Is it time for a new data warehouse?
Mo Data stashed this in Big Data Technologies
Is it time for a new data warehouse?
Ever since the data warehouse was invented, several data warehousing concepts were the same independent of the data warehouse vendor. All of these concepts were put in place such that the response time of the data warehouse would meet the response time expectations of the end user. A consequence of these concepts is that it adds additional work to the set-up of reports in the data warehouse. With SAP HANA, the extra work is not required, as HANA can meet the end user’s response time expectations without the extra work. The effort to build reports in HANA is substantially less than setting up like reports in a data warehouse. Let’s explore.
The first concept is limiting the amount of data taken from the source system. The premise is that all of the information is not required to be in the data warehouse as the end users will only be interested in reports off of certain data from the target system. Furthermore, the premise is that taking less data into the data warehouse will improve response times. All of this is true; however the flaw is that as business priorities change, the reporting requirements also change. As reporting needs change, different data is needed in the reports. Since all of the data was not brought over from the source system into the data warehouse, several things need to be re-worked. Bringing additional data into the data warehouse requires extensive re-design. For example, when the business articulates their requirements for a new report or data mart in the data warehouse, it is possible (probable) that some of the requirements will not be articulated fully. After the data extraction programs are built and the reporting structures in the data warehouse are complete and loaded, it is possible that new data will be identified as required. So, the data must be dropped, extraction programs modified, ETL jobs changed, reporting structures in the data warehouse changed, and the data must be reloaded. All of these steps are necessary to do something as simple as adding a few fields into the data warehouse from a table or tables in the source system. Even though the change seems small when requested by the business (e.g. please add three fields to xyz report), the work required to make the change isn’t small and can take weeks to months to implement. The business often becomes frustrated wondering why such a simple change takes so long and with such a high cost. With HANA, the source system data can be loaded into HANA in a far more granular level of detail and number of columns. And that’s how HANA solves this problem. You can include every field because you don’t have all of the limitations of typical warehouses. The business can change without changing the data warehouse. The columnar nature of the HANA database utilizes multiple compression algorithms such as dictionary compression, run length encoding, etc to help keep the database to a manageable size. Another benefit of using HANA as a data warehouse is that load times are significantly faster than loading into traditional data warehouses.

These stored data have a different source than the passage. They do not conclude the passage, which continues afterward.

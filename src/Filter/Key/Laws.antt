-- ===== src/Filter/Key/Laws.antt =====
-- When a metric's key panics, and which minutes and hours share a key.
use native.Mathlib.Nat.{
  mod-mod_of_dvd, div-eq_of_lt-le, div-add-mod, mod_def, mod-lt, mod-eq_of_lt, mul_comm,
  dvd_of_mod-eq-zero,
}
use easymail.Base.{
  ℕ, zero, suc, ◌+◌, ◌-◌, ◌*◌, ◌/◌, ◌%◌, ◌≤◌, ◌<◌, ◌≡◌, ◌↔◌, ◌⊎◌, refl, ap, ap₂, sym, ◌∙◌, Bool,
  true, false, none, some, [], Bytes, ◌==◌, ==_iff, ltb, if◌then◌else◌, arith, inl, inr, Bool-cases,
}
use mathlib.Core.Option
use easymail.Base.Int.{ℤ, pos, negsuc, pos_part}
use easymail.Clock.{
  minute_ns, hour_ns, add_ℤ, truncate, minute_of, hour_of, format_minute, format_hour,
}
use easymail.Filter.{MetricUnit, minute, hour, day, week, month, year, other}
use easymail.Filter.Metric.{FilterMetric}
use easymail.Filter.Timeout.{mul_int64_exact}
use easymail.Filter.Key.{
  remainder, rounded_by, minus, round_minute, round_hour, truncate_time_by_minute,
  truncate_time_by_hour, window_text, named, make_filter_metric_key,
}

truncate_positive : (x d : ℕ) → 0 < d → truncate x (pos d) ≡ x - x % d
unfolding truncate
truncate_positive x zero h = absurd (omega (arith, h))
truncate_positive x (suc d) h = refl

-- Rounding down to a multiple of a positive step.
truncate_between : (x q d : ℕ) → 0 < d → d * q ≤ x → x < d * q + d → truncate x (pos d) ≡ d * q
truncate_between x q d h low high =
    let quotient : x / d ≡ q =
      div-eq_of_lt-le {k = q} d (omega (arith, low, mul_comm q d))
        (omega (arith, high, mul_comm q d)) in
    truncate_positive x d h ∙ omega (arith, mod_def x d, ap (λ z. d * z) quotient, low)

module _ (n : ℕ) where
  -- The quotients that round up.
  up_exact : (q : ℕ) → (suc n * q + n) / suc n ≡ q
  up_exact q = div-eq_of_lt-le {k = q} (suc n) (omega arith) (omega arith)

  up_zero : (q : ℕ) → (suc n * q + 0 + n) / suc n ≡ q
  up_zero q = ap (λ z. (z + n) / suc n) (omega arith) ∙ up_exact q

  up_above : (q r : ℕ) → 0 < r → r < suc n → (suc n * q + r + n) / suc n ≡ suc q
  up_above q r low high =
      div-eq_of_lt-le {k = suc q} (suc n) (omega (arith, low)) (omega (arith, high))

add_ℤ-minus : (t k : ℕ) → add_ℤ t (minus k) ≡ t - k
add_ℤ-minus t zero = omega arith
add_ℤ-minus t (suc k) = omega arith

-- One truncation: `t` is in the unit `m = t / unit`, and the remainder of `m` by the threshold is `r`.
module _ (unit n t q r s : ℕ) (split : t ≡ unit * (suc n * q + r) + s) (small : s < unit)
    (below : r < suc n) where
  down_exact : r ≡ 0 → truncate t (pos (suc n * unit)) ≡ suc n * unit * q
  down_exact e =
      truncate_between t q (suc n * unit) (omega (arith, small)) (omega (arith, split))
        (omega (arith, split, small, ap (λ (z : ℕ). unit * z) e))

  down_above :
      0 < r
      → truncate (add_ℤ (add_ℤ t (minus (r * unit))) (pos (suc n * unit))) (pos (suc n * unit))
        ≡ suc n * unit * suc q
  down_above h =
      let moved : add_ℤ (add_ℤ t (minus (r * unit))) (pos (suc n * unit))
          ≡ t - r * unit + suc n * unit =
        omega (arith, add_ℤ-minus t (r * unit)) in
      ap (λ x. truncate x (pos (suc n * unit))) moved
      ∙ truncate_between (t - r * unit + suc n * unit) (suc q) (suc n * unit) (omega (arith, small))
          (omega (arith, split)) (omega (arith, split, small))

  -- Either way, to the next multiple of the threshold.
  rounded :
      truncate
        (if r == 0 then t else add_ℤ (add_ℤ t (minus (r * unit))) (pos (suc n * unit)))
        (pos (suc n * unit))
      ≡ suc n * unit * ((suc n * q + r + n) / suc n)
  rounded = elim (Bool-cases (r == 0)) [
    | inl e ↦
        let zero_r = (==_iff r 0).0 e in
        rw e (
          down_exact zero_r
          ∙ ap (λ x. suc n * unit * x)
              (sym (ap (λ z. (suc n * q + z + n) / suc n) zero_r ∙ up_zero n q)))
    | inr e ↦
        let some_r : 0 < r = ground (arith, e) in
        rw e (down_above some_r ∙ ap (λ x. suc n * unit * x) (sym (up_above n q r some_r below)))
  ]

-- The first multiple of `n` units at or behind the unit of a time.
abbrev pub window : ℕ → ℕ → ℕ → ℕ
window unit n t = n * unit * ((t / unit + (n - 1)) / n)

round_window :
    (unit n t : ℕ)
    → 0 < unit
    → rounded_by unit (pos (suc n * unit)) (t / unit % suc n) t ≡ window unit (suc n) t
unfolding rounded_by
round_window unit n t h =
    let m = t / unit in
    rounded unit n t (m / suc n) (m % suc n) (t % unit)
      (sym (div-add-mod t unit) ∙ ap (λ z. unit * z + t % unit) (sym (div-add-mod m (suc n))))
      (mod-lt t h) (mod-lt m (omega arith))
    ∙ ap (λ z. suc n * unit * ((z + n) / suc n)) (div-add-mod m (suc n))
    ∙ ap (λ z. suc n * unit * ((m + z) / suc n)) (omega arith)

divisor_small : (k n : ℕ) → 0 < k → k % suc n ≡ 0 → suc n ≤ k
divisor_small k n h e = elim (Bool-cases (ltb k (suc n))) [
  | inl l ↦
      let less : k < suc n = ground (arith, l) in absurd (omega (arith, h, e, mod-eq_of_lt less))
  | inr l ↦ ground (arith, l)
]

-- The remainder of what the clock shows in an hour or a day, for a threshold that divides it.
shown_remainder :
    (whole n u v : ℕ) → whole % suc n ≡ 0 → u % whole ≡ v % whole → u % whole % suc n ≡ v % suc n
shown_remainder whole n u v d e =
    ap (λ z. z % suc n) e ∙ mod-mod_of_dvd (suc n) v (dvd_of_mod-eq-zero (suc n) d)

-- The unit is one of the six.
abbrev pub is_named : MetricUnit → Bool
is_named (other u) = false
is_named minute = true
is_named hour = true
is_named day = true
is_named week = true
is_named month = true
is_named year = true

module _ (wall absolute : ℕ → ℕ) where
  rounds_minute :
      (t n : ℕ)
      → 60 % suc n ≡ 0
      → wall t / minute_ns % 60 ≡ t / minute_ns % 60
      → round_minute wall absolute t (pos (suc n)) (minute_of wall t % suc n)
        ≡ window minute_ns (suc n) t
  unfolding round_minute minute_of
  rounds_minute t n d e =
      let few = divisor_small 60 n (omega arith) d in
      ap₂ (λ z r. rounded_by minute_ns z r t)
        (mul_int64_exact (suc n) minute_ns (omega (arith, few)) (omega (arith, few)))
        (shown_remainder 60 n (wall t / minute_ns) (t / minute_ns) d e)
      ∙ round_window minute_ns n t (omega arith)

  rounds_hour :
      (t n : ℕ)
      → 24 % suc n ≡ 0
      → wall t / hour_ns % 24 ≡ t / hour_ns % 24
      → round_hour wall absolute t (pos (suc n)) (hour_of wall t % suc n) ≡ window hour_ns (suc n) t
  unfolding round_hour hour_of
  rounds_hour t n d e =
      let few = divisor_small 24 n (omega arith) d in
      ap₂ (λ z r. rounded_by hour_ns z r t)
        (mul_int64_exact (suc n) hour_ns (omega (arith, few)) (omega (arith, few)))
        (shown_remainder 24 n (wall t / hour_ns) (t / hour_ns) d e)
      ∙ round_window hour_ns n t (omega arith)

  -- An interval of minutes that divides 60, on a clock that is whole hours off, and one of hours that
  -- divides 24, on a clock that shows UTC: the text for a time is that of the first multiple of the
  -- interval, since the zero time, at or behind the time's minute or hour. So it counts up, not down.
  pub truncate_time_window :
      (t n k : ℕ)
      → 60 % suc n ≡ 0
      → 24 % suc k ≡ 0
      → wall t / minute_ns % 60 ≡ t / minute_ns % 60
      → wall t / hour_ns % 24 ≡ t / hour_ns % 24
      → (truncate_time_by_minute wall absolute t (pos (suc n))
          ≡ some (format_minute wall (window minute_ns (suc n) t)))
        × (truncate_time_by_hour wall absolute t (pos (suc k))
            ≡ some (format_hour wall (window hour_ns (suc k) t)))
  unfolding truncate_time_by_minute truncate_time_by_hour remainder
  truncate_time_window t n k d f e g = (
    ap (λ x. some (format_minute wall x)) (rounds_minute t n d e),
    ap (λ x. some (format_hour wall x)) (rounds_hour t k f g),
  )

  remainder_panics :
      (a : ℕ) (z : ℤ) (f : ℕ → Bytes) (g : Bytes → Bytes)
      → (Option.map g (Option.map f (remainder a z)) ≡ none) ↔ (z ≡ pos 0)
  unfolding remainder
  remainder_panics a (pos zero) f g = (λ e. refl, λ e. refl)
  remainder_panics a (pos (suc n)) f g =
      (λ e. absurd (cc e), λ e. absurd (omega (arith, ap pos_part e)))
  remainder_panics a (negsuc n) f g = (λ e. absurd (cc e), λ e. absurd (cc e))

  text_panics :
      (u : MetricUnit) (t : ℕ) (i : ℤ) (g : Bytes → Bytes)
      → is_named u ≡ true
      → (Option.map g (window_text wall absolute u t i) ≡ none) ↔ (i ≡ pos 0)
  unfolding window_text
  text_panics minute t i g h = remainder_panics _ i _ g
  text_panics hour t i g h = remainder_panics _ i _ g
  text_panics day t i g h = remainder_panics _ i _ g
  text_panics week t i g h = remainder_panics _ i _ g
  text_panics month t i g h = remainder_panics _ i _ g
  text_panics year t i g h = remainder_panics _ i _ g
  text_panics (other u) t i g h = absurd (cc h)

  no_unit :
      (u : MetricUnit) (t : ℕ) (i : ℤ) (name : Bytes)
      → is_named u ≡ false
      → Option.map (named u name) (window_text wall absolute u t i) ≡ some []
  unfolding window_text
  no_unit (other u) t i name h = refl
  no_unit minute t i name h = absurd (cc h)
  no_unit hour t i name h = absurd (cc h)
  no_unit day t i name h = absurd (cc h)
  no_unit week t i name h = absurd (cc h)
  no_unit month t i name h = absurd (cc h)
  no_unit year t i name h = absurd (cc h)

  -- The key of a metric whose unit is one of the six panics, at any time and place, exactly when its
  -- interval is 0; and a number that names no unit gives the empty key.
  make_filter_metric_key_panics :
      (t : ℕ) (m : FilterMetric)
      → ((is_named m.unit ≡ true)
          × ((make_filter_metric_key wall absolute t m ≡ none) ↔ (m.interval ≡ pos 0)))
        ⊎ ((is_named m.unit ≡ false) × (make_filter_metric_key wall absolute t m ≡ some []))
  unfolding make_filter_metric_key
  make_filter_metric_key_panics t m = elim (Bool-cases (is_named m.unit)) [
    | inl e ↦ inl (e, text_panics m.unit t m.interval _ e)
    | inr e ↦ inr (e, no_unit m.unit t m.interval m.name e)
  ]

The second concept is setting up indexes to speed things up for the end user. Indexes are necessary to provide adequate performance in the RDBMS technologies used over the past 30 years. In fact, concepts such as indexes and aggregates were long considered best practices to deliver performance. However, indexes create substantial additional overhead for the data warehouse from a size perspective and also from a DBA perspective. Why are Indexes required? Again, it is to meet the response time expectations of the end user. The only way a traditional data warehouse can meet the response time expectation of the end user is to have an index of what the user will search. This is one more step in the set up process of a data warehouse that is not required with HANA. In HANA, data is stored completely in-memory, and indexes are not required. HANA can meet the response time expectations of the end user without indexing. Why? Because reading from memory is 1000x – 1,000,000x faster than reading from disk. This is another step that is eliminated in setting up and maintaining a data warehouse and reporting.
The third and final concept is the data warehouse duplicating data. If a data warehouse has 5 TB of data, it is likely only ~ 1TB in raw data. Why is the data duplicated? Again, it is to meet the response time expectations of the end user. Let’s take sales reporting. Reports will be needed to show sales per day/week/month/quarter/year, also sales per geography per day/week/month/quarter/year. These reports are pre-calculated so that they are ready to go when a user wants the specific report. When setting up the reports, this is another required step to meet the response time expectations of the user, adding additional time to a data warehouse project. Another step that is not required with HANA. HANA is fast enough to calculate these reports, from the raw data, on the fly. In addition, since HANA does not copy the raw data and since HANA compresses data on average 4:1, the 5TB data set is now ~ 256GB. This has an additional positive impact on the TCO because the database remains manageable, thus enabling the loading of more data in less space. Again, the ‘best practices’ of the past are now obsolete because HANA doesn’t require aggregates.
These are 3 solid reasons that analytics can be delivered with less resource effort with HANA vs. with a traditional data warehouse. The time for a traditional data warehouse has passed. SAP has re-invented the solution with SAP HANA. Business requirements are evolving more and more rapidly, and it’s time for a data solution that can change with them.